About this task
The answer must be a single number: how many lines of the entries below include "withdrawn".

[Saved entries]

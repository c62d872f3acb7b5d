-- ===== src/Book/Events.antt =====
-- What an event that ends, or confirms, a subscription does to the book.
use directory_platform.Common.{
  ◌≡◌, refl, sym, ◌∙◌, arith, if◌then◌else◌, Bool, true, false, not, Option, List, map,
}
use directory_platform.Provider.{PayPalClient}
use directory_platform.Store.Rows.{Db, FeaturedSubscription, FeaturedSubscriptionStatus}
use directory_platform.Store.Tx.{Result, ok, ◌>>=◌, on_option}
use directory_platform.Store.Triple.{Ends, Triple, Triple-bind, Triple-pure, Triple-if, Keeps-pure}
use directory_platform.Store.Frame.{
  Holds, Ends-ok, frame-update_featured_subscription, frame-listing_bids_for_system,
}
use directory_platform.Store.Subscriptions.{is_paused}
use directory_platform.Engine.Confirmed.{HasDistinctIds}
use directory_platform.Webhook.{
  EventType, subscription_activated, subscription_updated, subscription_suspended,
  subscription_cancelled, subscription_expired, payment_failed, sale_completed, other_subscription,
  other, PayPalEvent, FeaturedWebhookOutcome, is_closed, covers, confirm_covered, confirm_row,
  lapse_row, apply_type, apply_event, process_featured_event,
}
use directory_platform.Webhook.Closed.{Finds}
use directory_platform.Book.{Entry, book, Shows, confirm_entry, cancel_entry}
use directory_platform.Book.Queries.{
  confirm_listing_bids-Shows, cancel_listing_bids-Shows, settle_spots-Shows,
}

-- The events on which a subscription ends; a suspension that this site asked for is a pause.
unfoldable pub ends_subscription : EventType → FeaturedSubscription → Bool
ends_subscription subscription_cancelled sub = true
ends_subscription subscription_expired sub = true
ends_subscription subscription_suspended sub = not (is_paused sub.status)
ends_subscription _ sub = false

-- The events that confirm a subscription that is open.
unfoldable pub confirms_subscription : PayPalEvent → EventType → FeaturedSubscription → Bool
confirms_subscription event subscription_activated sub = not (is_closed sub.status)
confirms_subscription event subscription_updated sub =
    if event.status_is_active then not (is_closed sub.status) else false
confirms_subscription event _ sub = false

-- the book after a confirmation
abbrev pub confirmed_book : FeaturedSubscription → Bool → List Entry → List Entry
confirmed_book sub true m = map (confirm_entry sub.listing_id) m
confirmed_book sub false m = m

module _ (m : List Entry) (client : Option PayPalClient) (sub : FeaturedSubscription) where
  pub lapse_row-Shows :
      (status : FeaturedSubscriptionStatus)
      → Triple
          (Holds (Shows m))
          (lapse_row client sub status)
          (λ _. Holds (Shows (map (cancel_entry sub.listing_id) m)))
  unfolding lapse_row
  lapse_row-Shows status =
      Triple-bind _ _ _ (frame-update_featured_subscription (Shows m) _ _ _ _ _ _) λ _.
        Triple-bind _ _ _ (cancel_listing_bids-Shows m _ _)
          λ spots. Triple-bind _ _ _ (settle_spots-Shows _ _ _ _ _) λ _. Triple-pure _ (λ s k. k)

  pub confirm_covered-Shows :
      (c : Bool)
      → Triple
          (Holds (Shows m))
          (confirm_covered client sub c)
          (λ _. Holds (Shows (confirmed_book sub c m)))
  unfolding confirm_covered
  confirm_covered-Shows false = Keeps-pure _
  confirm_covered-Shows true = confirm_listing_bids-Shows m _ _

  pub confirm_row-Shows :
      (event : PayPalEvent)
      → not (is_closed sub.status) ≡ true
      → Triple
          (Holds (Shows m))
          (confirm_row client sub event)
          (λ _. Holds (Shows (confirmed_book sub (covers sub event.quantity) m)))
  unfolding confirm_row
  confirm_row-Shows event h =
      let after = Shows (confirmed_book sub (covers sub event.quantity) m) in
      Triple-if _ _ _ (λ (e : is_closed sub.status ≡ true). absurd (ground arith))
        λ e. Triple-bind _ _ _ (frame-update_featured_subscription (Shows m) _ _ _ _ _ _) λ _.
          Triple-bind _ _ _ (confirm_covered-Shows _) λ touched.
            Triple-bind _ _ _ (frame-listing_bids_for_system after _ _)
              λ held. Triple-bind _ _ _ (settle_spots-Shows _ _ _ _ _) λ _. Triple-pure _ (λ s k. k)

  ending-Shows :
      (event : PayPalEvent) (type : EventType)
      → ends_subscription type sub ≡ true
      → Triple
          (Holds (Shows m))
          (apply_type client sub event type)
          (λ _. Holds (Shows (map (cancel_entry sub.listing_id) m)))
  unfolding apply_type ends_subscription
  ending-Shows event subscription_cancelled h = lapse_row-Shows _
  ending-Shows event subscription_expired h = lapse_row-Shows _
  ending-Shows event subscription_suspended h =
      Triple-if _ _ _ (λ (e : is_paused sub.status ≡ true). absurd (ground arith))
        (λ e. lapse_row-Shows _)
  ending-Shows event subscription_activated h = absurd (ground arith)
  ending-Shows event subscription_updated h = absurd (ground arith)
  ending-Shows event payment_failed h = absurd (ground arith)
  ending-Shows event sale_completed h = absurd (ground arith)
  ending-Shows event other_subscription h = absurd (ground arith)
  ending-Shows event other h = absurd (ground arith)

  confirming-Shows :
      (event : PayPalEvent) (type : EventType)
      → confirms_subscription event type sub ≡ true
      → Triple
          (Holds (Shows m))
          (apply_type client sub event type)
          (λ _. Holds (Shows (confirmed_book sub (covers sub event.quantity) m)))
  unfolding apply_type confirms_subscription
  confirming-Shows event subscription_activated h = confirm_row-Shows event h
  confirming-Shows event subscription_updated h =
      Triple-if _ _ _ (λ (e : not event.status_is_active ≡ true). absurd (ground arith))
        (λ e. confirm_row-Shows event (ground arith))
  confirming-Shows event subscription_cancelled h = absurd (ground arith)
  confirming-Shows event subscription_expired h = absurd (ground arith)
  confirming-Shows event subscription_suspended h = absurd (ground arith)
  confirming-Shows event payment_failed h = absurd (ground arith)
  confirming-Shows event sale_completed h = absurd (ground arith)
  confirming-Shows event other_subscription h = absurd (ground arith)
  confirming-Shows event other h = absurd (ground arith)

-- the event's run is the run of its row's transition
pub process_found :
    (client : Option PayPalClient) (event : PayPalEvent) (sub : FeaturedSubscription) (s : Db)
    → Finds event s sub
    → process_featured_event client event s ≡ apply_type client sub event event.type s
unfolding process_featured_event apply_event ◌>>=◌ on_option
process_found client event sub s found = rw found refl

read_book :
    (m' : List Entry) (r : Result (FeaturedWebhookOutcome × Db)) (out : FeaturedWebhookOutcome)
    (s' : Db)
    → r ≡ ok (out, s')
    → Ends (λ _. Holds (Shows m')) r
    → book s' ≡ m'
read_book m' r out s' e h = (Ends-ok (Shows m') e h).1

-- With distinct ids of bids, when an event that finds its row ends the subscription, and is
-- handled without a throw, every bid of its listing that was not withdrawn is
-- withdrawn with its raise, and no other bid's amount, raise or stage changes, whatever the
-- re-rank and the charges that follow do.
pub ending_event-book :
    (client : Option PayPalClient) (event : PayPalEvent) (sub : FeaturedSubscription) (s s' : Db)
    (out : FeaturedWebhookOutcome)
    → HasDistinctIds s.bids
    → Finds event s sub
    → ends_subscription event.type sub ≡ true
    → process_featured_event client event s ≡ ok (out, s')
    → book s' ≡ map (cancel_entry sub.listing_id) (book s)
ending_event-book client event sub s s' out d found h e =
    read_book _ _ out s' (sym (process_found client event sub s found) ∙ e)
      ((ending-Shows (book s) client sub event event.type h).at s (d, refl))

-- With distinct ids of bids, when an event that finds its row confirms a subscription that is
-- not closed, and is handled without a throw, the bids and raises of its listing
-- that wait become real if the event's quantity covers the requested one; otherwise, or if it
-- carries no quantity, every bid keeps its amount, raise and stage. No other bid's change.
pub confirming_event-book :
    (client : Option PayPalClient) (event : PayPalEvent) (sub : FeaturedSubscription) (s s' : Db)
    (out : FeaturedWebhookOutcome)
    → HasDistinctIds s.bids
    → Finds event s sub
    → confirms_subscription event event.type sub ≡ true
    → process_featured_event client event s ≡ ok (out, s')
    → book s' ≡ confirmed_book sub (covers sub event.quantity) (book s)
confirming_event-book client event sub s s' out d found h e =
    read_book _ _ out s' (sym (process_found client event sub s found) ∙ e)
      ((confirming-Shows (book s) client sub event event.type h).at s (d, refl))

Answer to the problem
2